In tali casi i magistrati possono partecipare nelle forme da remoto alle attività consentite in base alla normativa emergenziale ovvero svolgere attività giurisdizionale che non richiede la presenza in ufficio, dovendo ammettersi anche la possibilità che il dirigente dell’ufficio, con provvedimenti organizzativi ad hoc, da adottarsi nel rispetto della normativa ordinamentale, individui il tipo di attività che il magistrato può svolgere totalmente o parzialmente da casa.

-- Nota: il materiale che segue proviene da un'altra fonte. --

-- ===== src/Desktop/Control/Latched.antt =====
-- The safety requests of crates/iv-desktop/src/engine.rs.
use kohdalab_iv.Common.{
  ◌≡◌, refl, Bool, true, false, ◌||◌, ◌&&◌, not, Option, none, some, List, [], ◌∷◌, ◌++◌, arith,
  if◌then◌else◌,
}
use kohdalab_iv.Desktop.Control.{
  SafetyBit, safety_stop, safety_gate_off, safety_source_off, safety_source2_off, safety_all_off,
  heartbeat, shut_down, same_bit, latch, unlatch, safety_bit, command_of, is_finished,
  output_operation, is_pending, Item, Reader, idle, finished, latched, sending, reserving,
  submitting, Engine, waiting, receiving, left, executing, acknowledged, clearing, releasing,
  Control, new, latch_or_admit, admit, read_command, can_send, safety_unsent, reader_step, receive,
  acknowledge, engine_step, Event, input, input_ends, output_lost, reader_runs, engine_runs,
  when_idle, step, run_steps, close_input,
}
use kohdalab_iv.Desktop.Control.Cases.{either_case, reject_case, run_steps_case}

abbrev pub asks : SafetyBit → Option SafetyBit → Bool
asks b none = false
asks b (some c) = same_bit b c

when_closed : (asked r q e : Bool) → (not asked || (r || (q || (e || true)))) ≡ true
when_closed asked r q e = ground arith

-- The disjunctions below, whose parts are: asked, by the reader, by the queue, by the engine, closed.
weaken :
    (asked r q e c : Bool)
    → (not asked || (r || (q || (false || c)))) ≡ true
    → (not asked || (r || (q || (e || c)))) ≡ true
weaken asked r q e c h = ground (arith, h)

move_on :
    (asked r x q c : Bool)
    → (not asked || (r || ((x || q) || (false || c)))) ≡ true
    → (not asked || (r || (q || (x || c)))) ≡ true
move_on asked r x q c h = ground (arith, h)

take_back :
    (asked r q x c : Bool)
    → (not asked || (r || (q || (x || c)))) ≡ true
    → (not (not x && asked) || (r || (q || (false || c)))) ≡ true
take_back asked r q x c h = ground (arith, h)

append_last :
    (asked x q e c : Bool)
    → (not asked || (x || (q || (e || c)))) ≡ true
    → (not asked || (false || ((q || x) || (e || c)))) ≡ true
append_last asked x q e c h = ground (arith, h)

queued :
    (asked x q e c : Bool)
    → (not asked || (false || (q || (e || c)))) ≡ true
    → (not asked || (x || (q || (e || c)))) ≡ true
queued asked x q e c h = ground (arith, h)

implied : (asked acts : Bool) → (not asked || acts) ≡ true → asked ≡ true → acts ≡ true
implied asked acts h k = ground (arith, h, k)

latch_new :
    (asked x q e c : Bool)
    → (not asked || (false || (q || (e || c)))) ≡ true
    → (not (x || asked) || (x || (q || (e || c)))) ≡ true
latch_new asked x q e c h = ground (arith, h)

pub safety_bit-command_of :
    (P : Type 0) (b : SafetyBit) → safety_bit (command_of {P = P} b) ≡ some b
unfolding safety_bit command_of
safety_bit-command_of P safety_stop = refl
safety_bit-command_of P safety_gate_off = refl
safety_bit-command_of P safety_source_off = refl
safety_bit-command_of P safety_source2_off = refl
safety_bit-command_of P safety_all_off = refl

module _ {J P : Type 0} (b : SafetyBit) where
  -- Whether the command of the request is still to come.
  abbrev pub in_queue : List (Item J P) → Bool
  in_queue [] = false
  in_queue (item ∷ queue) = asks b (safety_bit item.1) || in_queue queue

  abbrev pub in_reader : Reader J P → Bool
  in_reader (latched c) = same_bit b c
  in_reader (sending c) = same_bit b c
  in_reader _ = false

  abbrev pub in_engine : Engine J P → Bool
  in_engine (executing item) = asks b (safety_bit item.1)
  in_engine left = true
  in_engine _ = false

  abbrev pub will_act : Reader J P → List (Item J P) → Engine J P → Bool → Bool
  will_act reader queue engine closed =
      in_reader reader || (in_queue queue || (in_engine engine || closed))

  abbrev Acts : Bool → Reader J P → List (Item J P) → Engine J P → Bool → Type 0
  Acts asked reader queue engine closed = (not asked || will_act reader queue engine closed) ≡ true

  abbrev IsKept : Control J P → Type 0
  IsKept s = Acts (s.pending_safety b) s.reader s.queue s.engine s.closed

  in_queue-append :
      (queue : List (Item J P)) (item : Item J P)
      → in_queue (queue ++ item ∷ []) ≡ (in_queue queue || asks b (safety_bit item.1))
  in_queue-append [] item = ground arith
  in_queue-append (x ∷ queue) item = ground (arith, in_queue-append queue item)

  closed-IsKept : (s : Control J P) → IsKept (close_input s)
  closed-IsKept s = when_closed (s.pending_safety b) false (in_queue s.queue) (in_engine s.engine)

  admit-IsKept :
      (item : Item J P) (s : Control J P)
      → IsKept s
      → IsKept (record s { reader = idle })
      → IsKept (admit item s)
  unfolding admit
  admit-IsKept item s h k =
      either_case IsKept (output_operation item.1) _ _
        (λ _.
          either_case IsKept (s.running || is_pending s.pending_safety) _ _
            (λ _. reject_case IsKept item s h h h (closed-IsKept s)) (λ _. k))
        (λ _. k)

  latch_or_admit-IsKept :
      (bit : Option SafetyBit) (item : Item J P) (s : Control J P)
      → IsKept s
      → IsKept (record s { reader = idle })
      → IsKept (latch_or_admit bit item s)
  unfolding latch_or_admit latch
  latch_or_admit-IsKept none item s h k = admit-IsKept item s h k
  latch_or_admit-IsKept (some c) item s h k =
      latch_new (s.pending_safety b) (same_bit b c) (in_queue s.queue) (in_engine s.engine) s.closed
        k

  read_command-IsKept :
      (item : Item J P) (s : Control J P)
      → IsKept s
      → IsKept (record s { reader = idle })
      → IsKept (read_command item s)
  unfolding read_command
  read_command-IsKept (job, heartbeat) s h k = h
  read_command-IsKept (job, shut_down) s h k = closed-IsKept s
  read_command-IsKept (job, command) s h k =
      latch_or_admit-IsKept (safety_bit command) (job, command) s h k

  safety_unsent-IsKept : (c : SafetyBit) (s : Control J P) → IsKept (safety_unsent c s)
  unfolding safety_unsent
  safety_unsent-IsKept safety_stop s = closed-IsKept s
  safety_unsent-IsKept _ s = closed-IsKept s

  sent :
      (asked : Bool) (item : Item J P) (queue : List (Item J P)) (engine : Engine J P)
      (closed : Bool)
      → (not asked
          || (asks b (safety_bit item.1) || (in_queue queue || (in_engine engine || closed))))
        ≡ true
      → Acts asked idle (queue ++ item ∷ []) engine closed
  sent asked item queue engine closed h =
      rw (in_queue-append queue item) (
        append_last asked (asks b (safety_bit item.1)) (in_queue queue) (in_engine engine) closed h)

  reader_step-IsKept :
      (reader : Reader J P) (s : Control J P)
      → Acts (s.pending_safety b) reader s.queue s.engine s.closed
      → IsKept s
      → IsKept (reader_step reader s)
  unfolding reader_step
  reader_step-IsKept idle s h k = k
  reader_step-IsKept finished s h k = k
  reader_step-IsKept (latched c) s h k = h
  reader_step-IsKept (sending c) s h k =
      either_case IsKept (can_send s) _ _
        (λ _.
          sent (s.pending_safety b) (none, command_of c) s.queue s.engine s.closed
            (rw (safety_bit-command_of P c) h))
        (λ _. safety_unsent-IsKept c s)
  reader_step-IsKept (reserving item) s h k = h
  reader_step-IsKept (submitting item) s h k =
      either_case IsKept (can_send s) _ _
        (λ _. sent (s.pending_safety b) item s.queue s.engine s.closed (
          queued (s.pending_safety b) (asks b (safety_bit item.1)) (in_queue s.queue)
            (in_engine s.engine) s.closed h))
        (λ _. closed-IsKept s)

  receive-IsKept :
      (queue : List (Item J P)) (s : Control J P)
      → Acts (s.pending_safety b) s.reader queue receiving s.closed
      → Acts (s.pending_safety b) s.reader s.queue receiving s.closed
      → IsKept (receive queue s)
  unfolding receive
  receive-IsKept [] s h k =
      weaken (s.pending_safety b) (in_reader s.reader) (in_queue s.queue)
        (in_engine (if is_finished s.reader then left else waiting)) s.closed k
  receive-IsKept (item ∷ queue) s h k =
      move_on (s.pending_safety b) (in_reader s.reader) (asks b (safety_bit item.1))
        (in_queue queue) s.closed h

  acknowledge-IsKept :
      (bit : Option SafetyBit) (item : Item J P) (s : Control J P)
      → (not (s.pending_safety b)
          || (in_reader s.reader || (in_queue s.queue || (asks b bit || s.closed))))
        ≡ true
      → IsKept (acknowledge bit item s)
  unfolding acknowledge unlatch
  acknowledge-IsKept none item s h = h
  acknowledge-IsKept (some c) item s h =
      take_back (s.pending_safety b) (in_reader s.reader) (in_queue s.queue) (same_bit b c) s.closed
        h

  engine_step-IsKept :
      (engine : Engine J P) (s : Control J P)
      → Acts (s.pending_safety b) s.reader s.queue engine s.closed
      → IsKept s
      → IsKept (engine_step engine s)
  unfolding engine_step
  engine_step-IsKept waiting s h k =
      weaken (s.pending_safety b) (in_reader s.reader) (in_queue s.queue) _ s.closed h
  engine_step-IsKept receiving s h k = receive-IsKept s.queue s h h
  engine_step-IsKept left s h k = k
  engine_step-IsKept (executing item) s h k = acknowledge-IsKept (safety_bit item.1) item s h
  engine_step-IsKept (acknowledged item) s h k =
      weaken (s.pending_safety b) (in_reader s.reader) (in_queue s.queue) _ s.closed h
  engine_step-IsKept (clearing item) s h k = h
  engine_step-IsKept (releasing item) s h k = h

  when_idle-IsKept :
      (reader : Reader J P) (next s : Control J P)
      → Acts (s.pending_safety b) reader s.queue s.engine s.closed
      → IsKept s
      → (IsKept (record s { reader = idle }) → IsKept next)
      → IsKept (when_idle reader next s)
  unfolding when_idle
  when_idle-IsKept idle next s h k f = f h
  when_idle-IsKept _ next s h k f = k

  step-IsKept : (event : Event J P) (s : Control J P) → IsKept s → IsKept (step event s)
  unfolding step
  step-IsKept (input item) s h = when_idle-IsKept s.reader _ s h h (read_command-IsKept item s h)
  step-IsKept input_ends s h = when_idle-IsKept s.reader _ s h h (λ _. closed-IsKept s)
  step-IsKept output_lost s h =
      when_closed (s.pending_safety b) (in_reader s.reader) (in_queue s.queue) (in_engine s.engine)
  step-IsKept reader_runs s h = reader_step-IsKept s.reader s h h
  step-IsKept engine_runs s h = engine_step-IsKept s.engine s h h

  -- Whatever the order in which the threads take their steps: while the bit of a safety request is
  -- set, a command with this bit is about to be sent, in the queue or in its handler, or the engine
  -- ends: the input is closed, or the engine has left its loop.
  pub run_steps-will_act :
      (events : List (Event J P))
      → (run_steps events new).pending_safety b ≡ true
      → will_act
          (run_steps events new).reader
          (run_steps events new).queue
          (run_steps events new).engine
          (run_steps events new).closed
        ≡ true
  run_steps-will_act events asked =
      implied _ _ (run_steps_case IsKept step-IsKept events new refl) asked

Analoghe regole valgono, per identità di ratio, anche nel caso in cui il magistrato intenda avvalersi dell’istituto di cui all’art. 2, comma 1, D.L. n. 30/2021 o versi in una delle condizioni di cui all’art.

26, commi 2 e 2-bis, D.L. n. 18/2020.

Anche in tale ipotesi è previsto che il lavoratore debba svolgere lavoro agile, cui equivalgono, in ambito giurisdizionale, le attività da remoto o quelle che possono essere svolte senza la necessaria presenza in ufficio.

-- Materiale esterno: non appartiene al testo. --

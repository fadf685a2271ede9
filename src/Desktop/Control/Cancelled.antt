-- ===== src/Desktop/Control/Cancelled.antt =====
-- The cancellation by a safety request of crates/iv-desktop/src/engine.rs, where no request comes
-- before the one of its kind before it was acknowledged.
use kohdalab_iv.Common.{
  ℕ, ◌+◌, ◌≤◌, ◌≡◌, refl, ap, Bool, true, false, ◌||◌, ◌&&◌, not, Option, none, some, List, [], ◌∷◌,
  ◌++◌, arith, Bool-cases, inl, inr, if◌then◌else◌,
}
use kohdalab_iv.Desktop.Control.{
  SafetyBit, safety_stop, safety_gate_off, safety_source_off, safety_source2_off, safety_all_off,
  heartbeat, shut_down, same_bit, latch, unlatch, safety_bit, command_of, is_finished,
  output_operation, is_pending, Mask, Item, Reader, idle, finished, latched, sending, reserving,
  submitting, Engine, waiting, receiving, left, executing, acknowledged, clearing, releasing,
  Control, new, cancelled, latch_or_admit, admit, read_command, can_send, safety_unsent,
  reader_step, receive, acknowledge, engine_step, Event, input, input_ends, output_lost,
  reader_runs, engine_runs, when_idle, step, run_steps,
}
use kohdalab_iv.Desktop.Control.Exclusive.{as_number}
use kohdalab_iv.Desktop.Control.Latched
use kohdalab_iv.Desktop.Control.Latched.{asks, safety_bit-command_of}
use kohdalab_iv.Desktop.Control.Cases.{either_case, reject_case}

-- A mask with a bit that is set is not zero.
pending_bit : (b : SafetyBit) (mask : Mask) → mask b ≡ true → is_pending mask ≡ true
unfolding is_pending
pending_bit safety_stop mask h = ground (arith, h)
pending_bit safety_gate_off mask h = ground (arith, h)
pending_bit safety_source_off mask h = ground (arith, h)
pending_bit safety_source2_off mask h = ground (arith, h)
pending_bit safety_all_off mask h = ground (arith, h)

one_more :
    (same asked : Bool) (q e : ℕ)
    → not (same && asked) ≡ true
    → 0 + q + e ≤ as_number asked
    → as_number same + q + e ≤ as_number (same || asked)
one_more true true q e quiet h = absurd (ground (arith, quiet))
one_more true false q e quiet h = omega (arith, h)
one_more false asked q e quiet h = h

taken_back :
    (r q : ℕ) (same asked : Bool)
    → r + q + as_number same ≤ as_number asked
    → r + q + 0 ≤ as_number (not same && asked)
taken_back r q true true h = omega (arith, h)
taken_back r q true false h = absurd (omega (arith, h))
taken_back r q false asked h = h

both : (a c : Bool) → a && c ≡ true → (a ≡ true) × (c ≡ true)
both true c h = (refl, h)
both false c h = absurd (ground (arith, h))

later : (a c : Bool) → a || c ≡ true → a ≡ false → c ≡ true
later a c h k = ground (arith, h, k)

is_set : (asked : Bool) (r q e : ℕ) → r + q + e ≤ as_number asked → 1 ≤ q → asked ≡ true
is_set true r q e h k = refl
is_set false r q e h k = absurd (omega (arith, h, k))

module _ {J P : Type 0} (b : SafetyBit) where
  abbrev pub is_quiet : Event J P → Control J P → Bool
  is_quiet (input item) s = not (asks b (safety_bit item.1) && s.pending_safety b)
  is_quiet _ s = true

  -- Whether every request with this bit finds the bit clear.
  unfoldable pub is_patient : List (Event J P) → Control J P → Bool
  is_patient [] s = true
  is_patient (event ∷ events) s = is_quiet event s && is_patient events (step event s)

  abbrev counted : Item J P → ℕ
  counted item = as_number (asks b (safety_bit item.1))

  -- The commands with this bit that are queued, about to be queued or in their handler.
  abbrev in_queue : List (Item J P) → ℕ
  in_queue [] = 0
  in_queue (item ∷ queue) = counted item + in_queue queue

  abbrev in_reader : Reader J P → ℕ
  in_reader (latched c) = as_number (same_bit b c)
  in_reader (sending c) = as_number (same_bit b c)
  in_reader (reserving item) = counted item
  in_reader (submitting item) = counted item
  in_reader _ = 0

  abbrev in_engine : Engine J P → ℕ
  in_engine (executing item) = counted item
  in_engine _ = 0

  abbrev Counts : Bool → Reader J P → List (Item J P) → Engine J P → Type 0
  Counts asked reader queue engine =
      in_reader reader + in_queue queue + in_engine engine ≤ as_number asked

  abbrev IsAlone : Control J P → Type 0
  IsAlone s = Counts (s.pending_safety b) s.reader s.queue s.engine

  in_queue-append :
      (queue : List (Item J P)) (item : Item J P)
      → in_queue (queue ++ item ∷ []) ≡ in_queue queue + counted item
  in_queue-append [] item = omega arith
  in_queue-append (x ∷ queue) item = ground (arith, in_queue-append queue item)

  latch_new :
      (c : SafetyBit) (asked : Bool) (queue : List (Item J P)) (engine : Engine J P)
      → not (same_bit b c && asked) ≡ true
      → Counts asked idle queue engine
      → Counts (same_bit b c || asked) (latched c) queue engine
  latch_new c asked queue engine quiet h =
      one_more (same_bit b c) asked (in_queue queue) (in_engine engine) quiet h

  none_counted : (item : Item J P) → safety_bit item.1 ≡ none → counted item ≡ 0
  none_counted item q = ap (λ bit. as_number (asks b bit)) q

  admit-IsAlone :
      (item : Item J P) (s : Control J P)
      → safety_bit item.1 ≡ none
      → IsAlone s
      → IsAlone (record s { reader = idle })
      → IsAlone (admit item s)
  unfolding admit
  admit-IsAlone item s plain h k =
      let none_new = none_counted item plain in
      either_case IsAlone (output_operation item.1) _ _
        (λ _.
          either_case IsAlone (s.running || is_pending s.pending_safety) _ _
            (λ _. reject_case IsAlone item s h h h k) (λ _. ground (arith, k, none_new)))
        (λ _. ground (arith, k, none_new))

  latch_or_admit-IsAlone :
      (bit : Option SafetyBit) (item : Item J P) (s : Control J P)
      → safety_bit item.1 ≡ bit
      → not (asks b bit && s.pending_safety b) ≡ true
      → IsAlone s
      → IsAlone (record s { reader = idle })
      → IsAlone (latch_or_admit bit item s)
  unfolding latch_or_admit latch
  latch_or_admit-IsAlone none item s q quiet h k = admit-IsAlone item s q h k
  latch_or_admit-IsAlone (some c) item s q quiet h k =
      latch_new c (s.pending_safety b) s.queue s.engine quiet k

  read_command-IsAlone :
      (item : Item J P) (s : Control J P)
      → not (asks b (safety_bit item.1) && s.pending_safety b) ≡ true
      → IsAlone s
      → IsAlone (record s { reader = idle })
      → IsAlone (read_command item s)
  unfolding read_command
  read_command-IsAlone (job, heartbeat) s quiet h k = h
  read_command-IsAlone (job, shut_down) s quiet h k = k
  read_command-IsAlone (job, command) s quiet h k =
      latch_or_admit-IsAlone (safety_bit command) (job, command) s refl quiet h k

  safety_unsent-IsAlone :
      (c : SafetyBit) (s : Control J P)
      → IsAlone (record s { reader = idle })
      → IsAlone (safety_unsent c s)
  unfolding safety_unsent
  safety_unsent-IsAlone safety_stop s h = h
  safety_unsent-IsAlone _ s h = h

  sent :
      (asked : Bool) (item : Item J P) (queue : List (Item J P)) (engine : Engine J P)
      → counted item + in_queue queue + in_engine engine ≤ as_number asked
      → Counts asked idle (queue ++ item ∷ []) engine
  sent asked item queue engine h = ground (arith, h, in_queue-append queue item)

  reader_step-IsAlone :
      (reader : Reader J P) (s : Control J P)
      → Counts (s.pending_safety b) reader s.queue s.engine
      → IsAlone s
      → IsAlone (reader_step reader s)
  unfolding reader_step
  reader_step-IsAlone idle s h k = k
  reader_step-IsAlone finished s h k = k
  reader_step-IsAlone (latched c) s h k = h
  reader_step-IsAlone (sending c) s h k =
      either_case IsAlone (can_send s) _ _
        (λ _.
          sent (s.pending_safety b) (none, command_of c) s.queue s.engine
            (ground (arith, h, ap (λ bit. as_number (asks b bit)) (safety_bit-command_of P c))))
        (λ _. safety_unsent-IsAlone c s (ground (arith, h)))
  reader_step-IsAlone (reserving item) s h k = h
  reader_step-IsAlone (submitting item) s h k =
      either_case IsAlone (can_send s) _ _ (λ _. sent (s.pending_safety b) item s.queue s.engine h)
        (λ _. ground (arith, h))

  acknowledge-IsAlone :
      (bit : Option SafetyBit) (item : Item J P) (s : Control J P)
      → in_reader s.reader + in_queue s.queue + as_number (asks b bit)
        ≤ as_number (s.pending_safety b)
      → IsAlone (acknowledge bit item s)
  unfolding acknowledge unlatch
  acknowledge-IsAlone none item s h = h
  acknowledge-IsAlone (some c) item s h =
      taken_back (in_reader s.reader) (in_queue s.queue) (same_bit b c) (s.pending_safety b) h

  idle_engine :
      (test : Bool) (engine engine' : Engine J P)
      → in_engine engine ≡ 0
      → in_engine engine' ≡ 0
      → in_engine (if test then engine else engine') ≡ 0
  idle_engine true engine engine' h k = h
  idle_engine false engine engine' h k = k

  receive-IsAlone :
      (queue : List (Item J P)) (s : Control J P)
      → Counts (s.pending_safety b) s.reader queue receiving
      → Counts (s.pending_safety b) s.reader s.queue receiving
      → IsAlone (receive queue s)
  unfolding receive
  receive-IsAlone [] s h k =
      ground (arith, k, idle_engine (is_finished s.reader) left waiting refl refl)
  receive-IsAlone (item ∷ queue) s h k = ground (arith, h)

  engine_step-IsAlone :
      (engine : Engine J P) (s : Control J P)
      → Counts (s.pending_safety b) s.reader s.queue engine
      → IsAlone s
      → IsAlone (engine_step engine s)
  unfolding engine_step
  engine_step-IsAlone waiting s h k =
      ground (arith, h, idle_engine s.closed left receiving refl refl)
  engine_step-IsAlone receiving s h k = receive-IsAlone s.queue s h h
  engine_step-IsAlone left s h k = k
  engine_step-IsAlone (executing item) s h k = acknowledge-IsAlone (safety_bit item.1) item s h
  engine_step-IsAlone (acknowledged item) s h k = ground (
    arith,
    h,
    idle_engine (is_pending s.pending_safety) (releasing item) (clearing item) refl refl,
  )
  engine_step-IsAlone (clearing item) s h k = h
  engine_step-IsAlone (releasing item) s h k = h

  when_idle-IsAlone :
      (reader : Reader J P) (next s : Control J P)
      → Counts (s.pending_safety b) reader s.queue s.engine
      → IsAlone s
      → (IsAlone (record s { reader = idle }) → IsAlone next)
      → IsAlone (when_idle reader next s)
  unfolding when_idle
  when_idle-IsAlone idle next s h k f = f h
  when_idle-IsAlone _ next s h k f = k

  step-IsAlone :
      (event : Event J P) (s : Control J P)
      → is_quiet event s ≡ true
      → IsAlone s
      → IsAlone (step event s)
  unfolding step
  step-IsAlone (input item) s quiet h =
      when_idle-IsAlone s.reader _ s h h (read_command-IsAlone item s quiet h)
  step-IsAlone input_ends s quiet h = when_idle-IsAlone s.reader _ s h h (λ k. k)
  step-IsAlone output_lost s quiet h = h
  step-IsAlone reader_runs s quiet h = reader_step-IsAlone s.reader s h h
  step-IsAlone engine_runs s quiet h = engine_step-IsAlone s.engine s h h

  run_steps-IsAlone :
      (events : List (Event J P)) (s : Control J P)
      → is_patient events s ≡ true
      → IsAlone s
      → IsAlone (run_steps events s)
  unfolding run_steps is_patient
  run_steps-IsAlone [] s patient h = h
  run_steps-IsAlone (event ∷ events) s patient h =
      let (quiet, rest) = both (is_quiet event s) (is_patient events (step event s)) patient in
      run_steps-IsAlone events (step event s) rest (step-IsAlone event s quiet h)

  waits : (queue : List (Item J P)) → Latched.in_queue b queue ≡ true → 1 ≤ in_queue queue
  waits [] h = absurd (ground (arith, h))
  waits (item ∷ queue) h = elim (Bool-cases (asks b (safety_bit item.1))) [
    | inl asked ↦ ground (arith, ap as_number asked)
    | inr other ↦ ground (arith, waits queue (later _ _ h other))
  ]

  -- If every safety request of a kind arrives when the one before it was acknowledged, then while
  -- such a request is in the queue, whatever the engine does is cancelled.
  pub run_steps-cancelled :
      (events : List (Event J P))
      → is_patient events new ≡ true
      → Latched.in_queue b (run_steps events new).queue ≡ true
      → (late : Bool) → cancelled late (run_steps events new) ≡ true
  unfolding cancelled
  run_steps-cancelled events patient queued late =
      let z : Control J P = run_steps events new in
      let alone : IsAlone z = run_steps-IsAlone events new patient (omega arith) in
      let set : z.pending_safety b ≡ true = is_set _ _ _ _ alone (waits z.queue queued) in
      ground (arith, pending_bit b z.pending_safety set)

D’altra parte, in tal senso si è espresso il Consiglio, nella citata delibera del 4 novembre 2020, sia con riferimento all’art. 21-bis D.L. n. 104/2020, cui è succeduto l’art. 2 D.L. n. 30/2021, sia con riferimento alle ipotesi di cui all’art. 26 citato, indicando, quanto a quest’ultima ipotesi, tutte le misure organizzative da adottarsi da parte del dirigente nella specifica sezione (4.1) dedicata “ai magistrati in condizione di fragilità”. Solo nel caso in cui si ritenesse impossibile per il magistrato in condizioni di fragilità svolgere attività a distanza, questo dovrà ritenersi in malattia, con equiparazione al ricovero ospedaliero, sulla base di certificato medico il quale darà ingresso alla relativa tutela previdenziale a carico dell’I.N.P.S.

La risposta ai quesiti.

Dunque, con riferimento ai quesiti posti deve affermarsi che:

1) - l’art. 87, comma 1, D.L. n. 18/20 - nella parte in cui prevede che nella fase emergenziale il lavoro agile sia una delle modalità ordinarie di svolgimento dell’attività lavorativa - non è applicabile ai magistrati, i quali possono svolgere attività a distanza nei casi e secondo le modalità previste dalla specifica normativa emergenziale dedicata all’attività giurisdizionale; dunque la norma non si applica al rapporto di lavoro dei magistrati;

2) - il magistrato positivo al COVID è da ritenere in malattia, anche ove non sia accertata la sua inidoneità a rendere la prestazione lavorativa, con conseguente applicazione degli istituti ordinari previsti per tale condizione;

3) - il magistrato posto in quarantena o in permanenza domiciliare e quello in condizioni di fragilità - ove non si trovi in condizione di malattia certificata - è da ritenere in servizio e deve svolgere attività lavorative compatibili con tale stato, secondo le modalità indicate nella motivazione, nei limiti del possibile, e cioè nelle forme da remoto per le attività consentite in base alla normativa emergenziale o mediante lo svolgimento di attività giurisdizionale che non richiede la presenza nell’ufficio, dovendosi ammettere la possibilità che il dirigente, con provvedimenti organizzativi ad hoc, da adottarsi nel rispetto della normativa ordinamentale, individui il tipo di attività che il magistrato può svolgere totalmente o parzialmente da casa; in caso contrario il magistrato deve ritenersi in malattia, con emissione di apposito certificato medico, ed equiparazione al ricovero ospedaliero.